Stored items:

-- ===== src/Proc/Fair/Accumulator.antt =====
-- getMinAccumulator and the priority scheduler.
use xv6_riscv_private.Common.{
  ℕ, zero, suc, ◌+◌, ◌-◌, ◌^◌, ◌≤◌, ◌<◌, ◌≡◌, ◌⊎◌, inl, inr, refl, ◌∙◌, ap, true, ◌&&◌, ◌||◌, some,
  ltb, ◌==◌, if◌then◌else◌, pos, ltb_ℤ, eqb_ℤ, to_int, arith, Bool-cases,
}
use xv6_riscv_private.Proc.{Table, nproc, is_active, is_runnable}
use xv6_riscv_private.Proc.Fair.{min_accumulator_loop, get_min_accumulator, priority_scheduler}

abbrev pub Active : Table → ℕ → Type 0
Active t i = is_active (t i).state ≡ true

-- The accumulators are the numbers `acc`, which fit in an `int`.
pub record HasAccumulators (t : Table) (acc : ℕ → ℕ) : Type 0 where
  pub holds : (i : ℕ) → (t i).accumulator ≡ pos (acc i)
  pub small : (i : ℕ) → acc i < 2 ^ 31

to_int_small : (n : ℕ) → n < 2 ^ 31 → to_int (pos n) ≡ pos n
unfolding to_int
to_int_small n h = ground arith

-- what the loop has found in the `n` processes from `i` on, started at `m`
record Found (t : Table) (acc : ℕ → ℕ) (n i m m' : ℕ) : Type 0 where
  lower : (j : ℕ) → i ≤ j → j < i + n → Active t j → m' ≤ acc j
  kept : 0 < m → m' ≤ m
  positive : 0 < m → 0 < m'
  seen : (j : ℕ) → i ≤ j → j < i + n → Active t j → 0 < m'
  from : (m' ≡ m) ⊎ ((j : ℕ) × (i ≤ j) × (j < i + n) × Active t j × (acc j ≡ m'))

-- the new minimum after process `i`
abbrev step_min : Table → (ℕ → ℕ) → ℕ → ℕ → ℕ
step_min t acc i m = if is_active (t i).state && (m == 0 || ltb (acc i) m) then acc i else m

module _ {t : Table} {acc : ℕ → ℕ} (h : HasAccumulators t acc) where
  step_min_lem :
      (i m : ℕ)
      → (if is_active (t i).state && (eqb_ℤ (pos m) (pos 0) || ltb_ℤ (t i).accumulator (pos m))
          then to_int (t i).accumulator
          else pos m)
        ≡ pos (step_min t acc i m)
  step_min_lem i m = rw (h.holds i, to_int_small (acc i) (h.small i)) (ground arith)

  loop-step :
      (n i m : ℕ)
      → min_accumulator_loop (suc n) i (pos m) t
        ≡ min_accumulator_loop n (i + 1) (pos (step_min t acc i m)) t
  unfolding min_accumulator_loop
  loop-step n i m = ap (λ v. min_accumulator_loop n (i + 1) v t) (step_min_lem i m)

  Found-step :
      (n i m m' : ℕ)
      → (Active t i → 0 < acc i)
      → Found t acc n (i + 1) (step_min t acc i m) m'
      → Found t acc (suc n) i m m'
  Found-step n i m m' positive f = record {
    lower = λ j l u a. elim (Bool-cases (j == i)) [
      | inl e ↦ ground (arith, positive, f.kept)
      | inr e ↦ f.lower j (ground arith) (omega arith) a
    ];
    kept = λ p. ground (arith, positive, f.kept);
    positive = λ p. ground (arith, positive, f.positive);
    seen = λ j l u a. elim (Bool-cases (j == i)) [
      | inl e ↦ ground (arith, positive, f.positive)
      | inr e ↦ f.seen j (ground arith) (omega arith) a
    ];
    from = elim f.from [
      | inl e ↦ elim (Bool-cases (is_active (t i).state)) [
        | inl a ↦ elim (Bool-cases (m == 0 || ltb (acc i) m)) [
          | inl less ↦ inr (i, omega arith, omega arith, a, ground arith)
          | inr more ↦ inl (ground arith)
        ]
        | inr a ↦ inl (ground arith)
      ]
      | inr (j, l, u, a, e) ↦ inr (j, omega arith, omega arith, a, e)
    ];
  }

  loop-Found :
      (n i m : ℕ)
      → ((j : ℕ) → i ≤ j → Active t j → 0 < acc j)
      → (m' : ℕ) × (min_accumulator_loop n i (pos m) t ≡ pos m') × Found t acc n i m m'
  unfolding min_accumulator_loop
  loop-Found zero i m positive = (
    m,
    refl,
    record {
      lower = λ j l u a. absurd (omega arith);
      kept = λ p. omega arith;
      positive = λ p. p;
      seen = λ j l u a. absurd (omega arith);
      from = inl refl;
    },
  )
  loop-Found (suc n) i m positive =
      let (m', e, f) =
        loop-Found n (i + 1) (step_min t acc i m) (λ j l. positive j (omega arith)) in
      (m', loop-step n i m ∙ e, Found-step n i m m' (positive i (omega arith)) f)

  -- Where the accumulators of the runnable and running processes are positive, `getMinAccumulator`
  -- returns their minimum: it is below each of them and equal to one of them, if there is any.
  pub get_min_accumulator-IsMin :
      ((j : ℕ) → Active t j → 0 < acc j)
      → (k : ℕ) → k < nproc
      → Active t k
      → (m : ℕ) × (get_min_accumulator t ≡ pos m)
        × ((j : ℕ) → j < nproc → Active t j → m ≤ acc j)
        × ((j : ℕ) × (j < nproc) × Active t j × (acc j ≡ m))
  unfolding get_min_accumulator
  get_min_accumulator-IsMin positive k lt a =
      let (m, e, f) = loop-Found nproc 0 0 (λ j l. positive j) in
      (
        m,
        e,
        λ j u b. f.lower j (omega arith) u b,
        elim f.from [
          | inl e' ↦ absurd (omega (arith, f.seen k (omega arith) lt a))
          | inr (j, l, u, b, e') ↦ (j, omega arith, b, e')
        ],
      )

  -- Where the accumulators of the runnable and running processes are positive, the priority
  -- scheduler switches only to a runnable process whose accumulator is the least of them.
  pub priority_scheduler-least :
      ((j : ℕ) → Active t j → 0 < acc j)
      → (i : ℕ) {t' : Table} → i < nproc
      → priority_scheduler i t ≡ (t', some i)
      → (is_runnable (t i).state ≡ true) × ((j : ℕ) → j < nproc → Active t j → acc i ≤ acc j)
  unfolding priority_scheduler
  priority_scheduler-least positive i lt e = elim (Bool-cases (is_runnable (t i).state)) [
    | inl r ↦
        let a : Active t i = ground arith in
        let (m, g, below, _) = get_min_accumulator-IsMin positive i lt a in
        let same : acc i ≡ m = ground (arith, g, h.holds i) in
        (r, λ j u b. omega (arith, below j u b))
    | inr r ↦ absurd (ground arith)
  ]

  -- the part of the loop before process `i + d`
  loop-split :
      (d n i m : ℕ)
      → (m' : ℕ) × (min_accumulator_loop (d + n) i (pos m) t
          ≡ min_accumulator_loop n (i + d) (pos m') t)
  loop-split zero n i m =
      let e : i + 0 ≡ i = omega arith in let e' : 0 + n ≡ n = omega arith in (m, rw (e, e'))
  loop-split (suc d) n i m =
      let (m', q) = loop-split d n (i + 1) (step_min t acc i m) in
      let e : i + suc d ≡ i + 1 + d = omega arith in
      let e' : suc d + n ≡ suc (d + n) = omega arith in (m', rw (e, e') (loop-step (d + n) i m ∙ q))

  -- A runnable or running process with accumulator 0 makes `getMinAccumulator` forget all that it
  -- has seen: the result is what the processes after it give.
  pub get_min_accumulator-zero :
      (k : ℕ)
      → k < nproc
      → Active t k
      → acc k ≡ 0
      → get_min_accumulator t ≡ min_accumulator_loop (nproc - 1 - k) (k + 1) (pos 0) t
  unfolding get_min_accumulator
  get_min_accumulator-zero k lt a z =
      let (m', q) = loop-split k (suc (nproc - 1 - k)) 0 0 in
      let e : k + suc (nproc - 1 - k) ≡ nproc = omega arith in
      let e' : 0 + k ≡ k = omega arith in
      let z' : step_min t acc k m' ≡ 0 = ground arith in
      rw (e, e') at q ∙ loop-step (nproc - 1 - k) k m' ∙ rw z'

**Exercise aim**
Print the lines above from the one with "loop-split zero n" through the one with "-- A runnable", both included, exactly as written and nothing more.

**Output of the task**
  loop-split zero n i m =
      let e : i + 0 ≡ i = omega arith in let e' : 0 + n ≡ n = omega arith in (m, rw (e, e'))
  loop-split (suc d) n i m =
      let (m', q) = loop-split d n (i + 1) (step_min t acc i m) in
      let e : i + suc d ≡ i + 1 + d = omega arith in
      let e' : suc d + n ≡ suc (d + n) = omega arith in (m', rw (e, e') (loop-step (d + n) i m ∙ q))

  -- A runnable or running process with accumulator 0 makes `getMinAccumulator` forget all that it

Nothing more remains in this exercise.